Ao longo dos últimos anos, nossa mídia fabricou um João Pedro Stedile como um bárbaro, um vândalo, um retrógrado economista. Sua entrevista a Folha não me parece conter nada de anacrônico. Ela é serena, embora firme e contundente. Gostei de sua resposta clara sobre as laranjas da Cutrale:
FOLHA - Ao destruir alimentos, o MST não teme perder o apoio das camadas mais pobres da população, como das 12 milhões de famílias que dependem do Bolsa Família para comprar sua própria comida?
STEDILE - Cerca de 98% da produção de suco no pais é exportada. Esse suco não vai para a mesa dos pobres, com ou sem Bolsa Família.
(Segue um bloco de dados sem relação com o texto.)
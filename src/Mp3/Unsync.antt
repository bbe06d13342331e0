-- ===== src/Mp3/Unsync.antt =====
-- un_unsync, which takes out the zero bytes that a writer puts behind bytes 0xFF.
use tracker_miners.Base.{
  ℕ, zero, suc, ◌+◌, ◌-◌, ◌≤◌, ◌<◌, ◌≡◌, refl, ap, inl, inr, true, false, List, [], ◌∷◌, ◌++◌,
  nat_eq, ltb, ltb→lt, arith, if◌then◌else◌, length, append_assoc, Bool-cases, length-append,
}
use tracker_miners.Mp3.{Fault, Outcome, ok, fault, stuck, ◌>>=◌, read}
use tracker_miners.Mp3.Reads.{
  Within, Any, Within-bind, Within-if, Within-elim, Reads, read-bind, read-behind,
}

abbrev pub take : ℕ → List ℕ → List ℕ
take zero xs = []
take (suc n) [] = []
take (suc n) (x ∷ xs) = x ∷ take n xs

-- a byte that the loop writes, before the others
abbrev pub emit : ℕ → Outcome (List ℕ × ℕ) → Outcome (List ℕ × ℕ)
emit c o = o >>= λ (written, new_size). ok (c ∷ written, new_size)

-- The loop, on the bytes at `base` of the buffer. It gives the bytes that it writes, and `new_size`.
unfoldable pub un_unsync_loop : ℕ → List ℕ → ℕ → ℕ → ℕ → ℕ → Outcome (List ℕ × ℕ)
un_unsync_loop zero buffer base size offset new_size =
    if ltb offset size then fault stuck else ok ([], new_size)
un_unsync_loop (suc fuel) buffer base size offset new_size = elim (ltb offset size) [
  | false ↦ ok ([], new_size)
  | true ↦ read buffer (base + offset) >>= λ c. elim (nat_eq c 0xff) [
    | false ↦ emit c (un_unsync_loop fuel buffer base size (offset + 1) new_size)
    | true ↦ read buffer (base + (offset + 1)) >>= λ n. elim (nat_eq n 0) [
      | false ↦ emit c (un_unsync_loop fuel buffer base size (offset + 1) new_size)
      | true ↦ emit c (un_unsync_loop fuel buffer base size (offset + 2) (new_size - 1))
    ]
  ]
]

-- the bytes that the caller reads back, `dest_size` of them
unfoldable pub un_unsync : List ℕ → ℕ → ℕ → Outcome (List ℕ)
un_unsync buffer base size = un_unsync_loop size buffer base size 0 size >>= λ (written, new_size).
    ok (take new_size written)

module _ (allowed : Fault → Type 0) (buffer : List ℕ) (bound : ℕ)
    (reads : Reads allowed buffer bound) where
  emit-Within :
      (c : ℕ) (o : Outcome (List ℕ × ℕ)) → Within allowed Any o → Within allowed Any (emit c o)
  emit-Within c o h = Within-bind allowed Any Any o _ h (λ a u. tt)

  un_unsync_loop-Within :
      (fuel base size offset new_size : ℕ)
      → base + size < bound
      → size ≤ offset + fuel
      → Within allowed Any (un_unsync_loop fuel buffer base size offset new_size)
  unfolding un_unsync_loop
  un_unsync_loop-Within zero base size offset new_size h k =
      Within-if allowed Any (ltb offset size) _ _
        (λ e. absurd (ground (arith, ltb→lt offset size e))) (λ e. tt)
  un_unsync_loop-Within (suc fuel) base size offset new_size h k =
      Within-elim allowed Any (ltb offset size) _ _
        (λ e.
          read-bind allowed buffer bound reads (base + offset) (omega (arith, ltb→lt offset size e))
            Any _
            λ c.
              Within-elim allowed Any (nat_eq c 0xff) _ _
                (λ f.
                  read-bind allowed buffer bound reads (base + (offset + 1))
                    (omega (arith, ltb→lt offset size e)) Any _
                    λ n.
                      Within-elim allowed Any (nat_eq n 0) _ _
                        (λ g. emit-Within c _ (
                          un_unsync_loop-Within fuel base size (offset + 2) (new_size - 1) h
                            (omega arith)))
                        (λ g. emit-Within c _ (
                          un_unsync_loop-Within fuel base size (offset + 1) new_size h
                            (omega arith))))
                (λ f.
                  emit-Within c _
                    (un_unsync_loop-Within fuel base size (offset + 1) new_size h (omega arith))))
        (λ e. tt)

  -- With a byte of the buffer behind its source, un_unsync reads nothing outside of the buffer.
  pub un_unsync-Within :
      (base size : ℕ) → base + size < bound → Within allowed Any (un_unsync buffer base size)
  unfolding un_unsync
  un_unsync-Within base size h =
      Within-bind allowed Any Any (un_unsync_loop size buffer base size 0 size) _
        (un_unsync_loop-Within size base size 0 size h (omega arith)) (λ a u. tt)

-- what a writer makes of a frame's content
abbrev pub stuffed : List ℕ → List ℕ
stuffed [] = []
stuffed (x ∷ xs) = if nat_eq x 0xff then 0xff ∷ 0 ∷ stuffed xs else x ∷ stuffed xs

pub length-stuffed : (xs : List ℕ) → length xs ≤ length (stuffed xs)
length-stuffed [] = omega arith
length-stuffed (x ∷ xs) = ground (arith, length-stuffed xs)

length-take : (xs : List ℕ) → take (length xs) xs ≡ xs
length-take [] = refl
length-take (x ∷ xs) = ap (◌∷◌ x) (length-take xs)

stuffed_full :
    (x : ℕ) (xs : List ℕ) → nat_eq x 0xff ≡ true → stuffed (x ∷ xs) ≡ 0xff ∷ 0 ∷ stuffed xs
stuffed_full x xs h = rw h refl

stuffed_plain : (x : ℕ) (xs : List ℕ) → nat_eq x 0xff ≡ false → stuffed (x ∷ xs) ≡ x ∷ stuffed xs
stuffed_plain x xs h = rw h refl

-- The loop at the writer's bytes for `xs`, behind `pre`.
abbrev Unstuffs : List ℕ → ℕ → Type 0
Unstuffs xs fuel =
    (pre rest : List ℕ) (base size offset new_size m : ℕ)
    → length pre ≡ base + offset
    → size ≡ offset + length (stuffed xs)
    → m + length (stuffed xs) ≡ new_size + length xs
    → un_unsync_loop fuel (pre ++ (stuffed xs ++ rest)) base size offset new_size ≡ ok (xs, m)

un_unsync_loop_plain :
    (fuel : ℕ) (x : ℕ) (xs : List ℕ)
    → nat_eq x 0xff ≡ false
    → Unstuffs xs fuel
    → Unstuffs (x ∷ xs) (suc fuel)
unfolding un_unsync_loop read
un_unsync_loop_plain fuel x xs plain ih pre rest base size offset new_size m h s n =
    rw (stuffed_plain x xs plain) (
      ground (
        arith,
        plain,
        ap length (stuffed_plain x xs plain),
        read-behind pre (x ∷ (stuffed xs ++ rest)) (base + offset) 0,
        ih (pre ++ x ∷ []) rest base size (offset + 1) new_size m,
        length-append pre (x ∷ []),
        append_assoc pre (x ∷ []) (stuffed xs ++ rest),
      ))

un_unsync_loop_full :
    (fuel : ℕ) (x : ℕ) (xs : List ℕ)
    → nat_eq x 0xff ≡ true
    → Unstuffs xs fuel
    → Unstuffs (x ∷ xs) (suc fuel)
unfolding un_unsync_loop read
un_unsync_loop_full fuel x xs full ih pre rest base size offset new_size m h s n =
    rw (stuffed_full x xs full) (
      ground (
        arith,
        full,
        ap length (stuffed_full x xs full),
        read-behind pre (0xff ∷ 0 ∷ (stuffed xs ++ rest)) (base + offset) 0,
        read-behind pre (0xff ∷ 0 ∷ (stuffed xs ++ rest)) (base + (offset + 1)) 1,
        ih (pre ++ 0xff ∷ 0 ∷ []) rest base size (offset + 2) (new_size - 1) m,
        length-append pre (0xff ∷ 0 ∷ []),
        length-stuffed xs,
        append_assoc pre (0xff ∷ 0 ∷ []) (stuffed xs ++ rest),
      ))

un_unsync_loop-stuffed : (fuel : ℕ) (xs : List ℕ) → length xs ≤ fuel → Unstuffs xs fuel
unfolding un_unsync_loop
un_unsync_loop-stuffed zero [] f pre rest base size offset new_size m h s n =
    ground (arith, h, s, n)
un_unsync_loop-stuffed (suc fuel) [] f pre rest base size offset new_size m h s n =
    ground (arith, h, s, n)
un_unsync_loop-stuffed zero (x ∷ xs) f pre rest base size offset new_size m h s n =
    absurd (omega arith)
un_unsync_loop-stuffed (suc fuel) (x ∷ xs) f pre rest base size offset new_size m h s n =
    elim (Bool-cases (nat_eq x 0xff)) [
      | inl full ↦
          un_unsync_loop_full fuel x xs full (un_unsync_loop-stuffed fuel xs (omega arith)) pre rest
            base size offset new_size m h s n
      | inr plain ↦
          un_unsync_loop_plain fuel x xs plain (un_unsync_loop-stuffed fuel xs (omega arith)) pre
            rest base size offset new_size m h s n
    ]

-- un_unsync gives back what a writer stuffed with a zero byte behind each byte 0xFF, whatever stands
-- before and behind it in the buffer.
pub un_unsync-stuffed :
    (pre xs rest : List ℕ)
    → un_unsync (pre ++ (stuffed xs ++ rest)) (length pre) (length (stuffed xs)) ≡ ok xs
unfolding un_unsync
un_unsync-stuffed pre xs rest =
    rw
      (un_unsync_loop-stuffed (length (stuffed xs)) xs (length-stuffed xs) pre rest (length pre)
        (length (stuffed xs)) 0 (length (stuffed xs)) (length xs) (omega arith) (omega arith)
        (omega arith))
      (ap ok (length-take xs))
Já o nosso modelo para a agricultura brasileira quer assegurar produção de alimentos, a geração de emprego e renda no meio rural. Queremos produzir comida e, inclusive, suco de laranja para chegar à mesa de todo o povo brasileiro. Não para o mercado externo. Mesmo assim, a área de exploração da laranja [no país] diminuiu em 400 mil hectares nesses dez anos, pela exploração que a Cutrale impõe aos agricultores.
Fica claro, se é que ainda existem dúvidas, que a produção da Cutrale é formada apenas por commodities. Aquilo não vai para o cardápio do povo brasileiro nem quando transformado em suco. Sem entrar no assunto da ilegalidade das terras, a produção da empresa passa longe dos interesses reais do povo brasileiro. Mas o repórter insiste em fazer uma intriga, como se aquelas laranjas fossem alimento. Não são.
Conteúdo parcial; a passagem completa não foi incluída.